Berbagai Jenis Ulap Ulap Pelinggih dan Bangunan Bali


Ulap-ulap merupakan media dan simbol sakral yang ada dalam kebudayaan Hindu di Bali. Ulap-ulap terbuat dari secarik kain putih dengan berisikan tulisan Aksara Suci (Aksara Modre), gambar dewa-dewi dan juga gambar sejata yang diyakini memiliki kekuatan magis. Ini memberikan pemahaman bahwa dewa/dewi yang bersangkutan memiliki otoritas terhadap bangunan yang sedang dibangun.
Dari sudut pandang religi, upakara dan simbol-simbol diyakini sebagai media mencapai keseimbangan antara dimensi sakral (niskala) dan profan (sekala). Demi tercapainya tujuan tersebut, umat Hindu di Bali senantiasa mengupayakan berbagai upaya untuk menjaga keseimbangan dikedua dimensi tersebut.
Dengan dipasangnya ulap-ulap serta dengan upacara pemlaspasan pada suatu bangunan merupakan pertanda bahwa bangunan tersebut telah layak dimanfaatkan sebagaimana mestinya.

Penciptaan simbol merupakan suatu respons manusia terhadap suatu hal atau keadaan yang merupakan pengantar pemahaman subjek terhadap objek. Dalam makna tertentu, simbol acap kali memiliki makna mendalam, yaitu suatu konsep yang paling bernilai dalam kehidupan suatu masyarakat bahwa Brahman, alam dan manusia merupakan variable yang saling berkaitan dalam keseimbangan ekosistem. Korelasi ini terjadi secara alamiah dan terbentuk secara simultan. Berkaitan dengan ini, ulap-ulap merupakan simbol dan media yang sarat akan makna teologis.
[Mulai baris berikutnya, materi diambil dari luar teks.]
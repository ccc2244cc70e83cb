-- ===== src/Lakehouse/Export/Runs.antt =====
-- A whole run of lakehouse/export.py.
use crypto_streaming_lakehou.Base.{
  ℕ, String, Bool, true, false, ◌&&◌, [], ◌∷◌, some, Try, ok, raised, runtime_error, ◌≡◌, ◌≢◌, refl,
  sym, ap, ◌∙◌, subst, text_eq, if◌then◌else◌, eq_iff,
}
use crypto_streaming_lakehou.Lakehouse.Storage.{Frames, rows_of, read_parquet}
use crypto_streaming_lakehou.Lakehouse.Exporter.{table_path, ◌then_do◌}
use crypto_streaming_lakehou.Lakehouse.Exporter.Writing.{stored}
use crypto_streaming_lakehou.Lakehouse.Catalog.{World, init_catalog}
use crypto_streaming_lakehou.Lakehouse.Catalog.Keeps.{init_catalog-rows}
use crypto_streaming_lakehou.Lakehouse.Export.{
  parquet_base, gold_tables, Run, export_table, export_tables, Environment, summary, init_schema,
  export_and_refresh, with_url, run_export,
}
use crypto_streaming_lakehou.Lakehouse.Export.Bookmarks.{mark_in, export_table-elsewhere}

vwap_first : ◌≢◌ {A = String} "gold_vwap_1min" "gold_trade_stats_1min"
vwap_first h = differ ((eq_iff "gold_vwap_1min" "gold_trade_stats_1min").1 h)
  where
    differ : text_eq "gold_vwap_1min" "gold_trade_stats_1min" ≡ true → ⊥
    differ e = cc

module _ {Row : Type 0} (frames : Frames Row) (env : Environment Row) (w : World Row) where
  abbrev pub first_export : Bool × World Row
  first_export =
      export_table frames parquet_base "gold_vwap_1min" (env.runs "gold_vwap_1min")
        (init_schema frames w)

  abbrev pub second_export : Bool × World Row
  second_export =
      export_table frames parquet_base "gold_trade_stats_1min" (env.runs "gold_trade_stats_1min")
        first_export.1

  -- The rows and the mark of a table are the same in both worlds.
  abbrev pub SameTable : String → World Row → World Row → Type 0
  SameTable table u v =
      (stored frames parquet_base table u.storage ≡ stored frames parquet_base table v.storage)
      × (mark_in u.export_state table ≡ mark_in v.export_state table)

  -- Both tables are exported, and the run raises if one of them failed.
  pub record TriesBoth (r : Try (Unit {0}) × World Row) : Type 0 where
    pub outcome : r.0 ≡ (if first_export.0 && second_export.0 then ok tt else raised runtime_error)
    pub first : SameTable "gold_vwap_1min" r.1 first_export.1
    pub second : SameTable "gold_trade_stats_1min" r.1 second_export.1
    pub second_start : SameTable "gold_trade_stats_1min" first_export.1 (init_schema frames w)

  SameTable-elsewhere :
      (table other : String) (r : Run Row) (v : World Row)
      → table ≢ other
      → SameTable other (export_table frames parquet_base table r v).1 v
  unfolding read_parquet
  SameTable-elsewhere table other r v differs =
      let (files, mark) = export_table-elsewhere frames parquet_base table other r v differs in
      (ap rows_of files, mark)

  catalog_same :
      (table : String) (v : World Row)
      → SameTable table (init_catalog env.catalog parquet_base v).1 v
  catalog_same table v =
      let (state, rows) = init_catalog-rows env.catalog parquet_base v in
      (rows (table_path frames parquet_base table), ap (λ s. mark_in s table) state)

  catalog_ok :
      (v : World Row)
      → ((n : ℕ) → env.catalog n ≡ ok tt)
      → (init_catalog env.catalog parquet_base v).0 ≡ ok tt
  unfolding init_catalog
  catalog_ok v h = rw (h 0, h 1, h 2, h 3, h 4, h 5, h 6) refl

  summary_lem :
      (first second : Bool)
      → summary (
          if first
          then if second then [] else "gold_trade_stats_1min" ∷ []
          else "gold_vwap_1min" ∷ (if second then [] else "gold_trade_stats_1min" ∷ []))
        ≡ (if first && second then ok tt else raised runtime_error)
  summary_lem true true = refl
  summary_lem true false = refl
  summary_lem false second = refl

  second_keeps_first : SameTable "gold_vwap_1min" second_export.1 first_export.1
  second_keeps_first =
      SameTable-elsewhere "gold_trade_stats_1min" "gold_vwap_1min"
        (env.runs "gold_trade_stats_1min") first_export.1 (λ e. vwap_first (sym e))

  -- If the environment variable is set, the connection opens and the catalog is refreshed, a run
  -- tries to export both tables, whatever becomes of the first: the second export starts from the
  -- rows and the mark that its table had, each table ends with the rows and the mark that its own
  -- export left, and the run raises RuntimeError exactly if one of the exports failed.
  pub run_export-TriesBoth :
      (url : String)
      → env.database_url ≡ some url
      → env.connect ≡ ok tt
      → ((n : ℕ) → env.catalog n ≡ ok tt)
      → TriesBoth (run_export frames env w)
  unfolding run_export export_tables
  run_export-TriesBoth url has_url connected refreshed =
      let exported =
        export_tables frames parquet_base gold_tables env.runs (init_schema frames w) in
      let catalog = init_catalog env.catalog parquet_base exported.1 in
      let done : run_export frames env w ≡ (summary exported.0, catalog.1) =
        ap (λ u. with_url frames u env w) has_url
        ∙ ap (λ c. (c, w) then_do export_and_refresh frames env) connected
        ∙ ap (λ c. (c, catalog.1) then_do (λ v. (summary exported.0, v)))
            (catalog_ok exported.1 refreshed) in
      subst TriesBoth (sym done) record {
        outcome = summary_lem first_export.0 second_export.0;
        first =
            let (rows, mark) = catalog_same "gold_vwap_1min" exported.1 in
            (rows ∙ second_keeps_first.0, mark ∙ second_keeps_first.1);
        second = catalog_same "gold_trade_stats_1min" exported.1;
        second_start =
            SameTable-elsewhere "gold_vwap_1min" "gold_trade_stats_1min" (env.runs "gold_vwap_1min")
              (init_schema frames w) vwap_first;
      }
Secara etimologi kata ulap-ulap berasal dari bahasa Bali yang berarti “lambai”. melambai/memanggil dengan tangan (ngaukin aji lima). Ini berarti memanggil suatu kekuatan tertentu dari Ida Sang Hyang Widhi Wasa untuk memberikan ‘ jiwa ‘ suatu bangunan. Dalam arti bangunan suci seperti sanggah dan pura, agar para dewa-dewi bersedia berstana disana. Jika jenis bangunannya adalah rumah, maka diharapkan agar kekuatan yang bersifat negatif yang terdapat pada bangunan tersebut, seperti : bekas tapak tukang, dan roh-roh jahat menjadi hilang sehingga orang dengan aman dan damai menempatinya.

 

Pembuatan Ulap-Ulap

Sebelum  suatu  bangunan  dipakai sesuai dengan  fungsinya, baik itu bangunan untuk parhyangan, pomahan maupun prasarana lainnya, maka terlebih dahulu haruslah diupacarai dengan   menggunakan sarana upacara-upacara sebagaimana mestinya.   Adapun   rangkaian upacara    yang    biasa    dilakukan    yakni    memakuh    dan    mlaspas/
malaspas.

Upacara tersebut secara niskala mempunyai makna painrayascita (penyucian  dan  pembersihan dari segala kotoran yang diakibatkan        dalam        proses        pembangunan),        pangurip-urip (menghidupkan   sekaligus   mohon   kekuatan   suci   Ida   Sang   Hyang Widhi sebagai  pelindung  bagi setiap orang yang akan menggunakan bangunan-bangunan tersebut.

Proses pembuatan ulap-ulap mulai dari mempersipkan bahan-bahan :

  1. Kain putih (Kasa), dengan ukuran yang bebas (disesuiakan dengan besar kecilnya pelinggih), atau 20 Cm x 30 Cm yang merupakan alasnya.
  2. Pensil dan Tinta/pulpen untuk melukis.
  3. Dupa, Tetabuhan, dan Canang.

Sebelum melukis jenis ulap-ulap yang akan dibuat terlebih dahulu alat-alat tersebut disucikan, seperti:

Untuk Dupa :

Om dhipastra ya namah swaha.

Untuk Tetabuhan (arak berem), yang merupakan lambang sebagai alat penetral, dengan mantramnya :

Om kang sari pawitram tinggala sari pawitram.

Untuk Canang :

Om puspa-puspaning dewa utama, puspa-puspaning para dewa dewaya, ya namah swaha.

Selanjutnya barulah mengerjakan proses dengan pengurip-uripan yang dilakukan oleh Pendeta atau Pemangku, dengan mantra :

Om idep Aku Sang Hyang Tunggal, Urip Sang Hyang Wisesa lawan urip Sang Hyang Tunggal, Urip Sang Hyang Tapa, teka utip, urip, urip.